* [PROBLEM REQUIREMENTS]:
Go through each line of the records below and count those with the word "unfolding". Give only the count.

___ TASK INPUT ___

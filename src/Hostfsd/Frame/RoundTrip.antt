-- ===== src/Hostfsd/Frame/RoundTrip.antt =====
-- Reading a field back gives what was stored, cut to the field's width.
use shinogi.Base.{ℕ, ◌%◌, ◌^◌, ◌++◌, Bytes, ◌≡◌, arith}
use shinogi.Hostfsd.Frame.{get32, get16, put32, put16}

pub get32-put32 : (v : ℕ) (rest : Bytes) → get32 (put32 v ++ rest) ≡ v % 2 ^ 32
unfolding get32 put32
get32-put32 v rest = omega arith

pub get16-put16 : (v : ℕ) (rest : Bytes) → get16 (put16 v ++ rest) ≡ v % 2 ^ 16
unfolding get16 put16
get16-put16 v rest = omega arith
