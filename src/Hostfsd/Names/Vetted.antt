-- ===== src/Hostfsd/Names/Vetted.antt =====
-- `component_ok` against a description of the names that a guest may send.
use shinogi.Base.{
  ℕ, ◌≤◌, true, false, List, [], ◌∷◌, ◌≡◌, ◌≢◌, ◌↔◌, refl, map, arith, Bytes, equal_iff, length,
  All,
}
use shinogi.Hostfsd.Proto.{max_name}
use shinogi.Hostfsd.Names.{
  device_names, stem, upper, same_device, any_device, forbidden, byte_ok, bytes_ok, last_byte,
  component_ok,
}

-- A byte that may stand in a name.
abbrev pub IsNameByte : ℕ → Type 0
IsNameByte c = (0x20 ≤ c) × (c ≢ 0x7f) × All (λ d. c ≢ d) forbidden

-- What a correct guest sends for one component.
pub record IsVetted (comp : Bytes) : Type 0 where
  pub nonempty : 1 ≤ length comp
  pub short : length comp ≤ max_name
  pub ne_dot : comp ≢ b'.' ∷ []
  pub ne_dots : comp ≢ b'.' ∷ b'.' ∷ []
  pub last_ne_dot : last_byte comp ≢ b'.'
  pub last_ne_space : last_byte comp ≢ b' '
  pub name_bytes : All IsNameByte comp
  pub no_device : All (λ d. map upper (stem comp) ≢ d) device_names

byte_ok_iff : (c : ℕ) → (byte_ok c ≡ true) ↔ IsNameByte c
unfolding byte_ok
byte_ok_iff c = ground arith

bytes_ok_iff : (cs : Bytes) → (bytes_ok cs ≡ true) ↔ All IsNameByte cs
unfolding bytes_ok
bytes_ok_iff [] = (λ _. tt, λ _. refl)
bytes_ok_iff (c ∷ cs) = (
  λ h. ((byte_ok_iff c).0 (ground arith), (bytes_ok_iff cs).0 (ground arith)),
  λ (h, hs). ground (arith, (byte_ok_iff c).1 h, (bytes_ok_iff cs).1 hs),
)

same_device_iff : (s d : Bytes) → (same_device s d ≡ true) ↔ (map upper s ≡ d)
unfolding same_device
same_device_iff [] [] = (λ _. refl, λ _. refl)
same_device_iff (c ∷ cs) (d ∷ ds) = ground (arith, same_device_iff cs ds)
same_device_iff [] (d ∷ ds) = ground arith
same_device_iff (c ∷ cs) [] = ground arith

any_device_iff :
    (ds : List Bytes) (s : Bytes) → (any_device ds s ≡ false) ↔ All (λ d. map upper s ≢ d) ds
unfolding any_device
any_device_iff [] s = (λ _. tt, λ _. refl)
any_device_iff (d ∷ ds) s = (
  λ h. (λ e. ground (arith, (same_device_iff s d).1 e), (any_device_iff ds s).0 (ground arith)),
  λ (h, hs). ground (arith, (same_device_iff s d).0, (any_device_iff ds s).1 hs),
)

component_ok-to_IsVetted : (comp : Bytes) → component_ok comp ≡ true → IsVetted comp
unfolding component_ok
component_ok-to_IsVetted comp h = record {
  nonempty = ground arith;
  short = ground arith;
  ne_dot = ground (arith, equal_iff comp (b'.' ∷ []));
  ne_dots = ground (arith, equal_iff comp (b'.' ∷ b'.' ∷ []));
  last_ne_dot = ground arith;
  last_ne_space = ground arith;
  name_bytes = (bytes_ok_iff comp).0 (ground arith);
  no_device = (any_device_iff device_names (stem comp)).0 (ground arith);
}

component_ok-of_IsVetted : (comp : Bytes) → IsVetted comp → component_ok comp ≡ true
unfolding component_ok
component_ok-of_IsVetted comp v =
    let bytes = (bytes_ok_iff comp).1 v.name_bytes in
    let device = (any_device_iff device_names (stem comp)).1 v.no_device in
    let a = v.nonempty in
    let b = v.short in
    let c = v.ne_dot in
    let d = v.ne_dots in
    let e = v.last_ne_dot in
    let f = v.last_ne_space in
    ground (arith, equal_iff comp (b'.' ∷ []), equal_iff comp (b'.' ∷ b'.' ∷ []))

-- A component is accepted exactly when it has 1 to 255 bytes, is neither `.` nor `..`, ends in
-- neither a dot nor a space, holds no control character and none of the reserved punctuation, and
-- its part before the first dot is, in upper case, no DOS device.
pub component_ok_iff : (comp : Bytes) → (component_ok comp ≡ true) ↔ IsVetted comp
component_ok_iff comp = (component_ok-to_IsVetted comp, component_ok-of_IsVetted comp)
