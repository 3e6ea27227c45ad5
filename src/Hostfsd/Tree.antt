-- ===== src/Hostfsd/Tree.antt =====
-- tools/hostfsd/shinogi-hostfsd.c, `serve`: the requests that name a path and keep no handle, and
-- DFREE.
use Prim.Native.Nat.{bit_and, bit_or}
use shinogi.Base.{
  ℕ, ◌*◌, ◌/◌, ◌%◌, ◌^◌, Bool, [], ◌∷◌, Option, none, some, Bytes, ltb, ◌==◌, if◌then◌else◌,
}
use shinogi.Base.Result.{Result, ok, err}
use shinogi.Hostfsd.Config.{Config}
use shinogi.Hostfsd.Daemon.{Daemon, Reply, fail, done, errno_to_gemdos}
use shinogi.Hostfsd.Host.{Errno, Stat, Vfs, Host}
use shinogi.Hostfsd.Path.{resolve_path}
use shinogi.Hostfsd.Proto.{epthnf, fa_ro, fa_subdir, dfree_max_kb}

-- The attribute byte, from `S_ISDIR` and the result of `plat_access_w`.
unfoldable pub attr_of : Bool → Bool → ℕ
attr_of is_dir writable =
    let attr = if is_dir then fa_subdir else 0 in if writable then attr else bit_or attr fa_ro

-- The new permission bits, of nine; `mode &= ~0222` keeps the six that are not for writing.
unfoldable pub new_mode : ℕ → ℕ → ℕ
new_mode a mode =
    if bit_and a fa_ro == 0 then bit_or mode (bit_and mode 0o444 / 2) else bit_and mode 0o555

-- The bytes before the first NUL and those behind it, if there is one.
unfoldable pub split_nul : Bytes → Option (Bytes × Bytes)
split_nul [] = none
split_nul (c ∷ cs) =
    let rest = split_nul cs in
    if c == 0 then some ([], cs) else elim rest [ none ↦ none | some (x, y) ↦ some (c ∷ x, y) ]

-- `plat_dfree` on POSIX: a count of blocks in kilobytes, clamped.
unfoldable pub kilobytes : ℕ → ℕ → ℕ
kilobytes blocks unit =
    let kb = blocks * unit % 2 ^ 64 / 1024 in if ltb dfree_max_kb kb then dfree_max_kb else kb

unfoldable pub unit_of : Vfs → ℕ
unit_of v = if v.frsize == 0 then v.bsize else v.frsize

-- The values behind `ra`, `rb` and `out[0]`.
unfoldable pub stat_reply : Config → Bool → Stat → Reply
stat_reply cfg writable st =
    let attr = attr_of st.is_dir writable in
    done (if st.is_dir then 0 else st.size) st.mtime
      (bit_or attr (if cfg.read_only then fa_ro else 0) ∷ [])

module _ (H : Host) where
  -- `if (call(path) != 0) status = errno_to_gemdos(errno)`
  unfoldable pub by_call : Daemon H.Os → Result Errno (Unit {0}) × H.Os → Reply × Daemon H.Os
  by_call d (err e, os') = (fail (errno_to_gemdos e), record d { os = os' })
  by_call d (ok _, os') = (done 0 0 [], record d { os = os' })

  -- DELETE, MKDIR and RMDIR, which differ in the call.
  unfoldable pub path_op :
      (Bytes → H.Os → Result Errno (Unit {0}) × H.Os)
      → Config
      → Bytes
      → Daemon H.Os
      → Reply × Daemon H.Os
  path_op call cfg payload d = elim (resolve_path H d.os cfg.root payload) [
    | err e ↦ (fail e, d)
    | ok path ↦ by_call d (call path d.os)
  ]

  unfoldable pub rename_op : Config → Bytes → Daemon H.Os → Reply × Daemon H.Os
  rename_op cfg payload d = elim (split_nul payload) [
    | none ↦ (fail epthnf, d)
    | some (old, new) ↦ elim (resolve_path H d.os cfg.root old) [
      | err e ↦ (fail e, d)
      | ok path ↦ elim (resolve_path H d.os cfg.root new) [
        | err e ↦ (fail e, d)
        | ok dst ↦ by_call d (H.rename_file path dst d.os)
      ]
    ]
  ]

  unfoldable pub setattr_op : Config → ℕ → Bytes → Daemon H.Os → Reply × Daemon H.Os
  setattr_op cfg a payload d = elim (resolve_path H d.os cfg.root payload) [
    | err e ↦ (fail e, d)
    | ok path ↦ elim (H.stat d.os path) [
      | err e ↦ (fail (errno_to_gemdos e), d)
      | ok st ↦ by_call d (H.chmod path (new_mode a st.mode) d.os)
    ]
  ]

  unfoldable pub stat_op : Config → Bytes → Daemon H.Os → Reply × Daemon H.Os
  stat_op cfg payload d = elim (resolve_path H d.os cfg.root payload) [
    | err e ↦ (fail e, d)
    | ok path ↦ elim (H.stat d.os path) [
      | err e ↦ (fail (errno_to_gemdos e), d)
      | ok st ↦ (stat_reply cfg (H.access_w d.os path) st, d)
    ]
  ]

  unfoldable pub dfree_op : Config → Daemon H.Os → Reply × Daemon H.Os
  dfree_op cfg d = elim (H.statvfs d.os cfg.root) [
    | err e ↦ (fail (errno_to_gemdos e), d)
    | ok v ↦ (done (kilobytes v.bavail (unit_of v)) (kilobytes v.blocks (unit_of v)) [], d)
  ]
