-- ===== src/Hostfsd/Serve.antt =====
-- tools/hostfsd/shinogi-hostfsd.c, `serve`: one request and its reply.
pub mod Tables
pub mod Invariant
pub mod Frames
pub mod ReadOnly
pub mod Owned
pub mod Descriptors
use shinogi.Base.{
  ℕ, zero, suc, ◌+◌, ◌-◌, ◌%◌, Bool, true, false, not, ◌&&◌, ◌||◌, List, [], ◌∷◌, ◌++◌, Option,
  none, some, Bytes, length, drop, ltb, leb, ◌==◌, if◌then◌else◌,
}
use shinogi.Hostfsd.Config.{Config}
use shinogi.Hostfsd.Daemon.{Daemon, Request, Reply, fail, done, handles_reset}
use shinogi.Hostfsd.Dirs.{opendir_op, readdir_op, closedir_op}
use shinogi.Hostfsd.Files.{open_op, close_op, read_op, write_op}
use shinogi.Hostfsd.Frame.{get16, get32, put16, put32}
use shinogi.Hostfsd.Host.{Host}
use shinogi.Hostfsd.Proto.{
  Op, op_hello, op_open, op_close, op_read, op_write, op_stat, op_opendir, op_readdir, op_closedir,
  op_create, op_delete, op_rename, op_mkdir, op_rmdir, op_setattr, op_dfree, op_caps,
  op_readdir_batch, unknown, op_of, Status, e_ok, eaccdn, edrive, magnitude, rep_hdr, req_hdr,
  max_rep_data, proto_version, cap_readdir_batch, o_rdonly,
}
use shinogi.Hostfsd.Tree.{path_op, rename_op, setattr_op, stat_op, dfree_op}

-- The operations that a read-only drive refuses.
unfoldable pub is_refused : Op → ℕ → Bool
is_refused op_write a = true
is_refused op_create a = true
is_refused op_delete a = true
is_refused op_rename a = true
is_refused op_mkdir a = true
is_refused op_rmdir a = true
is_refused op_setattr a = true
is_refused op_open a = not (a == o_rdonly)
is_refused _ a = false

module _ (H : Host) (cfg : Config) where
  unfoldable pub hello_op : ℕ → Daemon H.Os → Reply × Daemon H.Os
  hello_op a d =
      if not (a == proto_version)
      then (fail edrive, d)
      else (done proto_version max_rep_data cfg.label, handles_reset H d)

  -- The `switch`.
  unfoldable pub dispatch : Op → Request → Daemon H.Os → Reply × Daemon H.Os
  dispatch op_caps r d = (done cap_readdir_batch 0 [], d)
  dispatch op_hello r d = hello_op r.a d
  dispatch op_open r d = open_op H cfg false r.a r.payload d
  dispatch op_create r d = open_op H cfg true r.a r.payload d
  dispatch op_close r d = close_op H r.a d
  dispatch op_read r d = read_op H r.a r.b r.c d
  dispatch op_write r d = write_op H r.a r.b r.payload d
  dispatch op_stat r d = stat_op H cfg r.payload d
  dispatch op_opendir r d = opendir_op H cfg r.payload d
  dispatch op_readdir r d = readdir_op H false r.a r.b d
  dispatch op_readdir_batch r d = readdir_op H true r.a r.b d
  dispatch op_closedir r d = closedir_op r.a d
  dispatch op_delete r d = path_op H H.unlink cfg r.payload d
  dispatch op_mkdir r d = path_op H H.make_dir cfg r.payload d
  dispatch op_rmdir r d = path_op H H.remove_dir cfg r.payload d
  dispatch op_rename r d = rename_op H cfg r.payload d
  dispatch op_setattr r d = setattr_op H cfg r.a r.payload d
  dispatch op_dfree r d = dfree_op H cfg d
  dispatch unknown r d = (fail edrive, d)

  -- The refusal in front of the `switch`, and the `switch`.
  unfoldable pub answer : Request → Daemon H.Os → Reply × Daemon H.Os
  answer r d = if cfg.read_only && is_refused r.op r.a then (fail eaccdn, d) else dispatch r.op r d

-- `if (status != HOSTFS_E_OK)`, behind the `switch`.
unfoldable pub settle : Reply → Reply
settle r = elim r.status [ e_ok ↦ r | e ↦ fail e ]

-- `status & 0xffff`
abbrev pub status_field : Status → ℕ
status_field s = (65536 - magnitude s) % 65536

unfoldable pub encode_reply : Reply → Bytes
encode_reply r =
    put16 (rep_hdr + length r.out)
    ++ (put16 (status_field r.status) ++ (put32 r.ra ++ (put32 r.rb ++ r.out)))

-- The fields of a frame of at least `HOSTFS_REQ_HDR` bytes.
unfoldable pub decode_request : Bytes → Request
decode_request req = record {
  op = op_of (get16 (drop 2 req));
  a = get32 (drop 4 req);
  b = get32 (drop 8 req);
  c = get32 (drop 12 req);
  payload = drop req_hdr req;
}

unfoldable pub serve : (H : Host) → Config → Bytes → Daemon H.Os → Bytes × Daemon H.Os
serve H cfg req d =
    let (r, d') = answer H cfg (decode_request req) d in (encode_reply (settle r), d')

___

* [RESULT]:
8